Computational issues in solid boundary evaluation
Abstract
Boundary representation is an attractive formalism for describing the geometry of three-dimensional solid objects, providing a complete and explicit enumeration of the contiguous surface elements constituting their bounding surfaces. The computational procedure whereby boundary representations are derived from informationally complete but implicit input specifications for solids (e.g., a sequence of Boolean operations acting on elementary solid primitives) is known as boundary evaluation. Recent research in boundary evaluation has emphasized the topological adjacency relationships defined by the surface elements of a boundary file, which furnish an organized data structure for storing and accessing boundary information. However, the issues of the computational procedures by which these surface elements are actually derived and their formal mode of representation have been largely neglected. Consequently, reliable boundary evaluation has not made significant progress beyond polyhedral and quadric surface objects. The basic computational problem in boundary evaluation is the reliable determination of surface intersections. The surface elements participating in a boundary file are known as trimmed surfaces, since one can imagine them as being cut out of unbounded analytic parent surfaces along intersection curve segments. The issues of surface intersection computation and trimmed surface representation are thus intimately coupled, and their consistent treatment is the key to reliable boundary evaluation.
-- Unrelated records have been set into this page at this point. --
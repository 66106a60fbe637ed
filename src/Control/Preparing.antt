-- ===== src/Control/Preparing.antt =====
-- src/distributed_runtime/control/planner.py: lemmas on what `plan` does before it stores anything.
use ptf.Prelude.{
  ℕ, ◌≡◌, inl, inr, Bool-cases, refl, sym, ap, ◌∙◌, subst, String, Bool, true, ◌&&◌, Option,
  Option-cases, none, some, List, [], ◌∷◌, map, arith, nat_eq, eq_iff,
}
use ptf.Prelude.Table.{
  find_where, exists_where, select_where, exists-order_by, exists-select, find_satisfies,
}
use ptf.Core.Enums.{WorkloadMode}
use ptf.Core.Errors.{Result, Result-cases, ok, err, Error, lookup_error}
use ptf.Core.Json.{JsonFields}
use ptf.Finite.Unit.{
  WorkloadRequest, ExecutionUnit, PlanningRecord, records_eq→eq, planning_records,
}
use ptf.Finite.Validate.{no_token, collect, meets_expected}
use ptf.Finite.Drift.{validate_plan-ok}
use ptf.Registry.Workloads.{FiniteRegistration, RuntimeRegistry, WorkloadRegistration, workload}
use ptf.State.Db.{Db, PlanRow}
use ptf.State.Tx.{Tx, lift, or_raise, bind-inv, ◌>>=◌}
use ptf.State.Finite.Runs.{StoredRun, map_run, has_run_id, get_run, request_of}
use ptf.State.Finite.Plan.{load_plan, plan_records, in_generation, stored_record}
use ptf.Control.Planner.{PlannerRunner}
use ptf.Control.Planning.{finite_of, pinned, plan_units, planned_units, prepare_plan}

pub exists-implies :
    {A : Type 0} (p q : A → Bool) (xs : List A)
    → ((x : A) → p x ≡ true → q x ≡ true)
    → exists_where p xs ≡ true
    → exists_where q xs ≡ true
unfolding exists_where
exists-implies p q [] h e = e
exists-implies p q (x ∷ xs) h e = elim (Bool-cases (p x)) [
  | inl holds ↦ ground (arith, h x holds)
  | inr fails ↦ ground (arith, e, fails, exists-implies p q xs h)
]

first_record :
    (rows : List PlanRow) (r : PlanningRecord) (rs : List PlanningRecord)
    → map stored_record rows ≡ r ∷ rs
    → exists_where (λ p. nat_eq p.ordinal r.ordinal) rows ≡ true
unfolding exists_where
first_record [] r rs e = absurd (cc)
first_record (p ∷ ps) r rs e = ground (arith, e)

-- the row of a durable plan whose ordinal its first record has
pub plan_records-first :
    (id : String) (gen : ℕ) (db : Db) (r : PlanningRecord) (rs : List PlanningRecord)
    → plan_records id gen db ≡ r ∷ rs
    → exists_where (λ p. in_generation id gen p && nat_eq p.ordinal r.ordinal) db.plan_units ≡ true
unfolding plan_records
plan_records-first id gen db r rs e =
    sym (exists-select (in_generation id gen) (λ p. nat_eq p.ordinal r.ordinal) db.plan_units)
    ∙ (sym (
          exists-order_by _ (λ p. nat_eq p.ordinal r.ordinal)
            (select_where (in_generation id gen) db.plan_units))
        ∙ first_record _ r rs e)

pub found_id :
    (id : String) (db : Db) (run : StoredRun)
    → map_run (find_where (has_run_id id) db.runs) ≡ some run
    → id ≡ run.run_id
found_id id db run e = elim (Option-cases (find_where (has_run_id id) db.runs)) [
  | inl missing ↦ absurd (ground (arith, e, missing))
  | inr (row, h) ↦
      ground (arith, e, h, find_satisfies (has_run_id id) db.runs row h, eq_iff row.run_id id)
]

-- units that agree with a durable plan start with its first record
pub planned_units-first :
    (digest : JsonFields → String) (r : PlanningRecord) (rs : List PlanningRecord)
    (emitted : List ExecutionUnit × Option Error) (units : List ExecutionUnit)
    → planned_units digest (r ∷ rs) emitted ≡ ok units
    → planning_records digest 0 units ≡ r ∷ rs
unfolding planned_units meets_expected
planned_units-first digest r rs (us, none) units e =
    records_eq→eq _ _ (validate_plan-ok digest no_token (some (r ∷ rs)) us units e).2
planned_units-first digest r rs (us, some raised) units e =
    elim (Result-cases (collect digest no_token 1 [] us)) [
      | inl (vs, h) ↦ absurd (ground (arith, e, h))
      | inr (x, h) ↦ absurd (ground (arith, e, h))
    ]

module _ {P H W S : Type 0} (sha256 : String → String) (digest : JsonFields → String)
    (registry : RuntimeRegistry P H W S) (runner : PlannerRunner)
    (run_planner : P → WorkloadRequest → List ExecutionUnit × Option Error) where
  abbrev prepare : String → Tx (StoredRun × List ExecutionUnit)
  prepare = prepare_plan sha256 digest registry runner run_planner

  abbrev choose : String → StoredRun → FiniteRegistration P H → Tx (StoredRun × List ExecutionUnit)
  choose = plan_units sha256 digest registry runner run_planner

  abbrev from_run : String → StoredRun → Tx (StoredRun × List ExecutionUnit)
  from_run id run =
      lift (pinned sha256 digest registry runner run_planner run) >>= λ r. choose id run r

  plan_units-reads :
      (id : String) (run : StoredRun) (r : FiniteRegistration P H) (db : Db)
      → (choose id run r db).1 ≡ db
  unfolding plan_units load_plan
  plan_units-reads id run r db =
      elim (Result-cases (
        planned_units digest (plan_records id run.planning_generation db)
          (run_planner r.planner (request_of run)))) [
            | inl (units, h) ↦ rw h refl
            | inr (e, h) ↦ rw h refl
          ]

  from_run-reads : (id : String) (run : StoredRun) (db : Db) → (from_run id run db).1 ≡ db
  from_run-reads id run db =
      elim (Result-cases (pinned sha256 digest registry runner run_planner run)) [
        | inl (r, h) ↦ rw h (plan_units-reads id run r db)
        | inr (e, h) ↦ rw h refl
      ]

  prepare_plan-reads : (id : String) (db : Db) → (prepare id db).1 ≡ db
  unfolding prepare_plan get_run
  prepare_plan-reads id db = elim (Option-cases (map_run (find_where (has_run_id id) db.runs))) [
    | inl missing ↦ rw missing refl
    | inr (run, h) ↦ rw h (from_run-reads id run db)
  ]

  -- how the preparation ends, with the database as it was
  pub prepare_plan-ends :
      (id : String) (db : Db) (r : Result (StoredRun × List ExecutionUnit))
      → (prepare id db).0 ≡ r
      → prepare id db ≡ (r, db)
  prepare_plan-ends id db r h =
      ap (λ x. (x, (prepare id db).1)) h ∙ ap (λ d. (r, d)) (prepare_plan-reads id db)

  -- what a preparation that succeeded has found
  pub record Finds (id : String) (db : Db) (run : StoredRun) (units : List ExecutionUnit)
      : Type 0 where
    pub registration : FiniteRegistration P H
    -- the registry has it for the name and the version that the run is pinned to
    pub registered :
        workload run.workload_name run.workload_version WorkloadMode.finite registry
        ≡ ok (WorkloadRegistration.finite registration)
    -- its planner gave the units for the request of the run
    pub given :
        planned_units digest
          (plan_records id run.planning_generation db)
          (run_planner registration.planner (request_of run))
        ≡ ok units

  finite_of-finite :
      (answer : Result (WorkloadRegistration P H W)) (r : FiniteRegistration P H)
      → elim answer [ ok registration ↦ finite_of registration | err e ↦ err e ] ≡ ok r
      → answer ≡ ok (WorkloadRegistration.finite r)
  finite_of-finite (ok (WorkloadRegistration.finite f)) r h =
      ap (λ x. elim x [ ok y ↦ ok (WorkloadRegistration.finite y) | err e ↦ err e ]) h
  finite_of-finite (ok (WorkloadRegistration.continuous c)) r h = absurd (cc)
  finite_of-finite (err e) r h = absurd (cc)

  pinned-registered :
      (run : StoredRun) (r : FiniteRegistration P H)
      → pinned sha256 digest registry runner run_planner run ≡ ok r
      → workload run.workload_name run.workload_version WorkloadMode.finite registry
        ≡ ok (WorkloadRegistration.finite r)
  unfolding pinned
  pinned-registered run r h = finite_of-finite _ r h

  plan_units-found :
      (id : String) (start : StoredRun) (r : FiniteRegistration P H) (db : Db) (run : StoredRun)
      (units : List ExecutionUnit)
      → (choose id start r db).0 ≡ ok (run, units)
      → (start ≡ run)
        × (planned_units digest
              (plan_records id start.planning_generation db)
              (run_planner r.planner (request_of start))
            ≡ ok units)
  unfolding plan_units load_plan
  plan_units-found id start r db run units h =
      elim (Result-cases (
        planned_units digest (plan_records id start.planning_generation db)
          (run_planner r.planner (request_of start)))) [
            | inl (us, e) ↦ (ground (arith, h, e), ground (arith, h, e))
            | inr (x, e) ↦ absurd (ground (arith, h, e))
          ]

  from_run-found :
      (id : String) (start : StoredRun) (db : Db) (run : StoredRun) (units : List ExecutionUnit)
      → (from_run id start db).0 ≡ ok (run, units)
      → (start ≡ run) × Finds id db start units
  from_run-found id start db run units h =
      let (r, d, e, h1, _) =
        bind-inv (lift (pinned sha256 digest registry runner run_planner start)) (choose id start)
          db (run, units) h in
      let (same, planned) =
        plan_units-found id start r db run units
          (subst (λ x. (choose id start r x).0 ≡ ok (run, units)) (sym (ap (λ x. x.1) e)) h1) in
      (
        same,
        record {
          registration = r;
          registered = pinned-registered start r (ap (λ x. x.0) e);
          given = planned;
        },
      )

  pub prepare_plan-found :
      (id : String) (db : Db) (run : StoredRun) (units : List ExecutionUnit)
      → (prepare id db).0 ≡ ok (run, units)
      → (map_run (find_where (has_run_id id) db.runs) ≡ some run) × Finds id db run units
  unfolding prepare_plan get_run
  prepare_plan-found id db run units h =
      elim (Option-cases (map_run (find_where (has_run_id id) db.runs))) [
        | inl missing ↦ absurd (ground (arith, h, missing))
        | inr (start, found) ↦
            let (same, finds) = from_run-found id start db run units (
              sym (ap (λ o. ((or_raise o (lookup_error "unknown run") >>= from_run id) db).0) found)
              ∙ h) in
            (found ∙ ap some same, subst (λ x. Finds id db x units) same finds)
      ]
In this paper we survey the available procedures for computing surface intersections, representing trimmed surfaces, and processing solid boundary representations, and briefly describe a novel trimmed-surface formulation which adopts a unified, systematic approach to the boundary evaluation problem. The focus is on the reliable computation and representation of individual trimmed surface elements, rather than data structures for expressing their topological adjacencies or the processing and applications of boundary files per se. Since boundary evaluation is usually not an end in itself, however, we describe elementary interrogation functions which form the basis for real applications. © 1988.